Das Betriebssystem und die SSD sind laut Lastenheft vorgeschrieben.


----------



## WendeMarkus (14 November 2011)

Da Windows XP von Haus aus kein TRIM unterstützt, ist das sowieso eine schlechte Kombination, verwende in meinem Laptop aber seit gut einem Jahr auch SSDs mit Win7 und hatte bisher auch 2 Ausfälle - der 3. kündigt sich an...(ist eine OCZ) Werde nun demnächst auf Intel umsteigen, in der hoffnung dass diese Qualitativ hochwertiger sind. Was für SSDs sind denn eingebaut? Intel bietet ein Tool an, welches TRIM unter WinXP zur Verfügung stellt...
Wenn es denn an dem fehlenden TRIM Support liegt, dass die SSDs bei Dir ausfallen...


----------



## sascha-polo (14 November 2011)

Es sind SSD's von OCZ bzw.

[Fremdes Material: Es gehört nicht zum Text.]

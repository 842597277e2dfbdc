-- ===== src/Replies/Meaning.antt =====
-- What the reply of a push means, beside replies.py.
use phoenix_channels_python.Base.{
  ◌≡◌, refl, ◌⊎◌, inl, inr, Option, none, some, arith, Result, ok, err, Exc,
}
use phoenix_channels_python.Text.{Text, codes}
use phoenix_channels_python.Json.{Json, Fields, text, object, get}
use phoenix_channels_python.Messages.{Payload, dict, bytes, Message}
use phoenix_channels_python.Replies.{Reply, reply_of, reply_of_payload, reply_from_message}

-- What a server's reply says: a binary one has its status in the frame's header and bytes as its
-- response; one in JSON is an object with a text under "status" and an object under "response".
abbrev pub Answers : Option Text → Payload → Reply → Type 0
Answers (some status) (bytes b) r = r ≡ record { status = status; response = bytes b }
Answers none (dict d) r =
    (response : Fields) × (get (codes "status") d ≡ text r.status)
    × (get (codes "response") d ≡ object response)
    × (r.response ≡ dict response)
Answers _ _ r = ⊥

-- A result that is the reply of that meaning, or an error where there is none.
abbrev pub Means : Option Text → Payload → Result Reply → Type 0
Means status payload x =
    ((r : Reply) × Answers status payload r × (x ≡ ok r))
    ⊎ (((r : Reply) → Answers status payload r → ⊥) × ((e : Exc) × (x ≡ err e)))

reply_of-cases :
    (a b : Json)
    → ((s : Text) × (o : Fields) × (a ≡ text s)
        × (b ≡ object o)
        × (reply_of a b ≡ ok (record { status = s; response = dict o })))
      ⊎ (((s : Text) (o : Fields) → a ≡ text s → b ≡ object o → ⊥)
          × ((e : Exc) × (reply_of a b ≡ err e)))
unfolding reply_of
reply_of-cases (text s) (object o) = inl (s, o, refl, refl, refl)
reply_of-cases (text s) b = inr (λ t o p q. absurd (ground arith), (_, refl))
reply_of-cases a b = inr (λ t o p q. absurd (ground arith), (_, refl))

reply_of_payload-Means :
    (status : Option Text) (p : Payload) → Means status p (reply_of_payload status p)
unfolding reply_of_payload
reply_of_payload-Means (some s) (bytes b) =
    inl (record { status = s; response = bytes b }, refl, refl)
reply_of_payload-Means (some s) (dict d) = inr (λ r h. h, (_, refl))
reply_of_payload-Means none (bytes b) = inr (λ r h. h, (_, refl))
reply_of_payload-Means none (dict d) =
    elim (reply_of-cases (get (codes "status") d) (get (codes "response") d)) [
      | inl (s, o, p, q, e) ↦ inl (record { status = s; response = dict o }, (o, p, q, refl), e)
      | inr (none_fits, (e, x)) ↦ inr (λ r (o, p, q, t). none_fits r.status o p q, (e, x))
    ]

pub reply_from_message-Means :
    (status : Option Text) (m : Message) → Means status m.payload (reply_from_message status m)
unfolding reply_from_message
reply_from_message-Means status m = reply_of_payload-Means status m.payload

Super Talent installiert.


Kennt jemand eine offizielles Papier von Microsoft, über die Verwendung von Windows XP und SSD's ?


----------



## IBFS (14 November 2011)

WendeMarkus schrieb:


> ...
> hatte bisher auch 2 Ausfälle - der 3. kündigt sich an...(ist eine OCZ) Werde nun
> demnächst auf Intel umsteigen, in der hoffnung dass diese Qualitativ hochwertiger sind. .....





sascha-polo schrieb:


> Es sind SSD's von OCZ bzw. Super Talent installiert.

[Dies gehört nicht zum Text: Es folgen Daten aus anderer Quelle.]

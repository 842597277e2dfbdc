-- ===== src/Runtime/Calls/Push.antt =====
-- A push and its reply.
use phoenix_channels_python.Base.{
  ℕ, ◌+◌, ◌≡◌, ◌≢◌, refl, true, false, Option, none, some, [], ◌∷◌, arith, ==-self, ok, >>=-eq-ok,
}
use phoenix_channels_python.Text.{Text, text_eq_refl, is_empty}
use phoenix_channels_python.Text.Decimal.{decimal, decimal-ne-nil}
use phoenix_channels_python.Messages.{ChannelEvent, Payload, Value, Message}
use phoenix_channels_python.Futures.{settle, pending}
use phoenix_channels_python.Topic.{lookup, lookup-insert, lookup-remove}
use phoenix_channels_python.Runtime.{Client, generate_ref, create_future}
use phoenix_channels_python.Runtime.Control.{
  push_outcome, pending_push, ref_or_empty, resolve_push_reply,
}
use phoenix_channels_python.Runtime.Calls.{may_push, Pushed, register_push, start_push}

pub is_empty-ne : (s : Text) → s ≢ [] → is_empty s ≡ false
is_empty-ne [] h = absurd (h refl)
is_empty-ne (c ∷ s) h = refl

-- What a push that waits looks like.
pub record Waiting (c : Client) (k outcome : ℕ) (ref : Text) : Type 0 where
  pub named : is_empty ref ≡ false
  pub listed : lookup ref (c.topics k).pending_pushes ≡ some outcome
  pub open_ : c.futures outcome ≡ pending

register_push-Waiting :
    (c : Client) (k : ℕ) (event : ChannelEvent) (payload : Payload)
    → let p = register_push c k event payload in
      Waiting p.client k p.outcome (decimal (c.ref_counter + 1))
unfolding register_push generate_ref create_future
register_push-Waiting c k event payload =
    let r = decimal (c.ref_counter + 1) in
    record {
      named = is_empty-ne r (decimal-ne-nil (c.ref_counter + 1));
      listed =
          rw
            (==-self k, lookup-insert r r c.next_future (c.topics k).pending_pushes, text_eq_refl r)
            refl;
      open_ = rw (==-self c.next_future) refl;
    }

pub answered :
    (c : Client) (k outcome : ℕ) (ref : Text) (m : Message) (status : Option Text)
    → Waiting c k outcome ref
    → m.ref ≡ some ref
    → let d = resolve_push_reply c k m status in
      (d.0 ≡ true)
      × (d.1.futures outcome ≡ push_outcome status m)
      × (lookup ref (d.1.topics k).pending_pushes ≡ none)
unfolding settle resolve_push_reply
answered c k outcome ref m status w r =
    let found : pending_push (c.topics k) m.ref ≡ some outcome =
      unfold pending_push in ground (arith, r, w.named, w.listed) in
    let own_ref : ref_or_empty m.ref ≡ ref = rw r refl in
    rw (found, resolve_push_reply)
      (
        refl,
        rw (==-self outcome, w.open_) refl,
        rw (==-self k, own_ref, lookup-remove ref ref (c.topics k).pending_pushes, text_eq_refl ref)
            refl,
      )

pub start_push-registered :
    (c : Client) (k : ℕ) (event : ChannelEvent) (value : Value) (timeout : Option ℕ) {p : Pushed}
    → start_push c k event value timeout ≡ ok p
    → (payload : Payload) × (p ≡ register_push c k event payload)
unfolding start_push
start_push-registered c k event value timeout {p} h =
    let (payload, a, b) =
      >>=-eq-ok (may_push c k event value timeout) (λ x. ok (register_push c k event x)) {b = p}
        h in
    (payload, ground arith)

pub start_push-lookup :
    (c : Client) (k : ℕ) (event : ChannelEvent) (value : Value) (timeout : Option ℕ) {p : Pushed}
    → start_push c k event value timeout ≡ ok p
    → lookup (decimal (c.ref_counter + 1)) (p.client.topics k).pending_pushes ≡ some p.outcome
start_push-lookup c k event value timeout h =
    let (payload, e) = start_push-registered c k event value timeout h in
    rw e (register_push-Waiting c k event payload).listed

Wenn ich dazu noch die SSD-Preise sehe, dann scheint bei machen (oder vielen) Herstellern noch 
viel im Argen zu liegen. Ich hatte auch vor, meinen Rechner zu beschleunigen. Aber wenn ich das
lese, vergeht es mir ganz schnell.

Frank


----------



## WendeMarkus (14 November 2011)

Nun wie gesagt: SSDs nur ncoh von INTEL oder SAMSUNG! Wir haben bei uns vor etwa 2 Jahren alle IPCs von HDD auf Intel SSD umgerüstet und bis heute keine Probleme damit... Aber: niiiiiiiiiiiiiiie mehr OCZ ;-)


----------



## thomass5 (14 November 2011)

sascha-polo schrieb:


> Es sind SSD's von OCZ bzw. Super Talent installiert.
> 
> 
> Kennt jemand eine offizielles Papier von Microsoft, über die Verwendung von Windows XP und SSD's ?



Dazu dürfte XP zu alt sein. Im Netz finden sich viele "Anleitungen" welche eigentlich alle darauf hinauslaufen, Massive Schreiborgien auf die Speicherzellen zu vermeiden. Ein externes TRIM ist bei XP auch noch zu beachten.

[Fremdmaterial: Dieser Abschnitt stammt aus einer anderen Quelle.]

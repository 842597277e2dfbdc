-- ===== src/Runtime/Calls/Keeping.antt =====
-- The calls keep the invariant.
use phoenix_channels_python.Base.{
  ℕ, ◌+◌, ◌<◌, ◌≡◌, refl, inl, inr, true, false, Option, none, some, List, [], ◌∷◌, arith,
  Bool-cases, ok, >>=-eq-ok, All,
}
use phoenix_channels_python.Text.{Text, text_eq}
use phoenix_channels_python.Text.Decimal.{decimal}
use phoenix_channels_python.Messages.{ChannelEvent, Payload, Value}
use phoenix_channels_python.Futures.{Store, is_done, Keeps-trans}
use phoenix_channels_python.Topic.{Topic, is_left, is_joined, is_created, values, insert}
use phoenix_channels_python.Runtime.{
  Client, set_topic, channel_joined, should_rejoin, generate_ref, create_task, create_future,
}
use phoenix_channels_python.Runtime.Pushes.{
  KeepsPushes-same, KeepsPushes-trans, KeepsPushes-remove, KnownRefs-remove, KnownRefs-insert,
  KeepsPushes-insert,
}
use phoenix_channels_python.Runtime.Invariant.{TopicOk, TopicOk-Keeps, From, was_joined}
use phoenix_channels_python.Runtime.Transition.Parts.{create-Keeps, create-Fresh}
use phoenix_channels_python.Runtime.Tasks.Keeping.{
  From-same, From-if, set_topic-From, set_core-From, create_task-From,
}
use phoenix_channels_python.Runtime.Control.Pushes.{remove_push}
use phoenix_channels_python.Runtime.Calls.{
  may_join, reserve, start_processor, start_join, leave_created, may_push, Pushed, register_push,
  start_push, is_outcome, finish_push, restart_topic,
}

pub generate_ref-From : {o : Client} (c : Client) → From o c → From o (generate_ref c).1
unfolding generate_ref
generate_ref-From c f = From-same f refl refl refl (omega arith)

start_processor-From : {o : Client} (c : Client) (k : ℕ) → From o c → From o (start_processor c k)
unfolding start_processor create_task
start_processor-From c k f = set_core-From _ k _ refl (create_task-From c _ f)

pub create_future-From : {o : Client} (c : Client) → From o c → From o (create_future c).1
unfolding create_future
create_future-From c f = record {
  inv = record {
    topic = λ j.
        TopicOk-Keeps {n = c.next_future} (create-Keeps c.futures c.next_future f.fresh)
          (omega arith) (f.topic j);
    fresh = create-Fresh c.futures c.next_future f.fresh;
    refs = f.refs;
  };
  keeps = Keeps-trans f.keeps (create-Keeps c.futures c.next_future f.fresh);
  waits = λ j.
      KeepsPushes-trans (create-Keeps c.futures c.next_future f.fresh) (f.waits j)
        (KeepsPushes-same (create_future c).1.futures refl);
  left_stays = f.left_stays;
  established_stays = f.established_stays;
}

-- A channel that is neither joined nor left, and that waits for no reply, is as the invariant wants it.
waiting-TopicOk :
    {s : Store} {n : ℕ} (t : Topic)
    → t.leave_requested ≡ false
    → is_left t.state ≡ false
    → is_joined t.state ≡ false
    → (was_joined t.state ≡ true → t.established ≡ true)
    → t.pending_pushes ≡ []
    → t.current_join_ready < n
    → t.unsubscribe_completed < n
    → TopicOk s n t
waiting-TopicOk t asked state joined lived pushes join leave = record {
  requested = ground arith;
  lived = lived;
  ready = λ h. absurd (ground arith);
  no_pushes = λ h. pushes;
  known_join = join;
  known_leave = leave;
  known_pushes = rw pushes (unfold values in tt);
}

is_outcome-some : (p : Option ℕ) (f : ℕ) → is_outcome p f ≡ true → p ≡ some f
unfolding is_outcome
is_outcome-some none f h = absurd (ground arith)
is_outcome-some (some g) f h = ground arith

module _ {o : Client} (c : Client) (k : ℕ) (f : From o c) where
  reserve-From : is_created (c.topics k).state ≡ true → From o (reserve c k)
  unfolding reserve generate_ref
  reserve-From new =
      let t = f.topic k in
      let no_push = t.no_pushes (ground arith) in
      From-same
        (set_topic-From c k _ f
          (waiting-TopicOk _ (ground (arith, t.requested)) refl refl (λ h. absurd (ground arith))
            no_push t.known_join t.known_leave)
          (f.refs k) (KeepsPushes-same c.futures refl) (λ h. absurd (ground arith)) (λ h. h))
        refl refl refl (omega arith)

  -- From a client that holds the invariant, a join that starts leads to one that holds it; no future
  -- that was done changes, and no channel that was left comes back.
  pub start_join-From : {c' : Client} → start_join c k ≡ ok c' → From o c'
  unfolding start_join may_join
  start_join-From {c'} h =
      let new : is_created (c.topics k).state ≡ true = ground arith in
      let e : c' ≡ start_processor (reserve c k) k = ground arith in
      rw e (start_processor-From (reserve c k) k (reserve-From new))

  -- So does the leave of a channel that never joined.
  pub leave_created-From : is_created (c.topics k).state ≡ true → From o (leave_created c k)
  unfolding leave_created
  leave_created-From new =
      let t = f.topic k in
      set_topic-From c k _ f
        (record {
          requested = refl;
          lived = λ h. absurd (ground arith);
          ready = λ h. absurd (ground arith);
          no_pushes = λ h. t.no_pushes (ground arith);
          known_join = t.known_join;
          known_leave = t.known_leave;
          known_pushes = t.known_pushes;
        })
        (f.refs k) (KeepsPushes-same c.futures refl) (λ h. refl) (λ h. h)

  -- The end of a push whose future is done keeps the invariant.
  pub finish_push-From :
      (ref : Text) (outcome : ℕ)
      → is_done (c.futures outcome) ≡ true
      → From o (finish_push c k ref outcome)
  unfolding finish_push
  finish_push-From ref outcome done =
      let pushes = (c.topics k).pending_pushes in
      From-if _
        (λ own.
          set_topic-From c k _ f (remove_push c k ref f)
            (KnownRefs-remove c.ref_counter pushes ref (f.refs k))
            (KeepsPushes-remove c.futures pushes ref outcome (is_outcome-some _ outcome own) done)
            (λ h. h) (λ h. h))
        (λ _. f)

  restarted-From :
      (d : Client) (t : Topic)
      → From o d
      → TopicOk d.futures d.next_future t
      → is_left (d.topics k).state ≡ false
      → ((d.topics k).established ≡ true → t.established ≡ true)
      → t.pending_pushes ≡ (d.topics k).pending_pushes
      → From o (start_processor (set_topic d k t) k)
  restarted-From d t g good live lived same = start_processor-From (set_topic d k t) k (
      set_topic-From d k t g good (rw same (g.refs k)) (KeepsPushes-same d.futures same)
        (λ h. absurd (ground arith)) lived)

  -- The restart of a channel that should be joined again and is not joined keeps the invariant; no
  -- future that was done changes, and no channel that was left comes back.
  pub restart_topic-From :
      (generation : ℕ)
      → should_rejoin c k ≡ true
      → is_joined (c.topics k).state ≡ false
      → From o (restart_topic c k generation)
  unfolding restart_topic should_rejoin generate_ref create_future
  restart_topic-From generation go lost =
      let t = f.topic k in
      restarted-From _ _ (create_future-From _ (generate_ref-From c f))
        (waiting-TopicOk _ (ground arith) refl refl (λ h. ground arith) (t.no_pushes lost)
          (omega arith) (omega (arith, t.known_leave)))
        (ground arith) (λ h. h) refl

insert-All :
    (n f : ℕ) (r : Text) (d : List (Text × ℕ))
    → All (λ g. g < n) (values d)
    → f < n
    → All (λ g. g < n) (values (insert r f d))
unfolding insert values
insert-All n f r [] h lt = (lt, tt)
insert-All n f r ((j, v) ∷ d) h lt = elim (Bool-cases (text_eq j r)) [
  | inl t ↦ rw t (lt, h.1)
  | inr t ↦ rw t (h.0, insert-All n f r d h.1 lt)
]

register_push-From :
    {o : Client} (c : Client) (k : ℕ) (event : ChannelEvent) (payload : Payload)
    → From o c
    → is_joined (c.topics k).state ≡ true
    → From o (register_push c k event payload).client
unfolding register_push generate_ref create_future
register_push-From c k event payload f alive =
    let d = (create_future (generate_ref c).1).1 in
    let g = create_future-From _ (generate_ref-From c f) in
    let t = g.topic k in
    set_topic-From d k _ g
      (record {
        requested = t.requested;
        lived = t.lived;
        ready = t.ready;
        no_pushes = λ h. absurd (ground arith);
        known_join = t.known_join;
        known_leave = t.known_leave;
        known_pushes =
            insert-All (c.next_future + 1) c.next_future (decimal (c.ref_counter + 1))
              (c.topics k).pending_pushes t.known_pushes (omega arith);
      })
      (KnownRefs-insert c.ref_counter (c.topics k).pending_pushes c.next_future (f.refs k))
      (KeepsPushes-insert c.ref_counter (c.topics k).pending_pushes c.next_future (f.refs k)
        d.futures)
      (λ h. h) (λ h. h)

-- From a client that holds the invariant, a push that starts leads to one that holds it; no future
-- that was done changes, and no channel that was left comes back.
pub start_push-From :
    {o : Client} (c : Client) (k : ℕ) (event : ChannelEvent) (value : Value) (timeout : Option ℕ)
    {p : Pushed}
    → From o c
    → start_push c k event value timeout ≡ ok p
    → From o p.client
unfolding start_push
start_push-From c k event value timeout {p} f h =
    let (payload, m, r) =
      >>=-eq-ok (may_push c k event value timeout) (λ x. ok (register_push c k event x)) {b = p}
        h in
    let e : p ≡ register_push c k event payload = ground arith in
    let alive : is_joined (c.topics k).state ≡ true =
      unfold may_push channel_joined in ground arith in
    rw e (register_push-From c k event payload f alive)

Was läuft denn eigentlich auf dem Rechner? Es gibt Programme, die machen auch unter W7 eine SSD  kaputt.

Und denk auch mal über die Ablösung von XP nach, die IT-Abteilung  wird dir in naher Zukunft damit kommen, wenn sie es noch nicht getan hat (bei ihrer momentanen "Hypera...").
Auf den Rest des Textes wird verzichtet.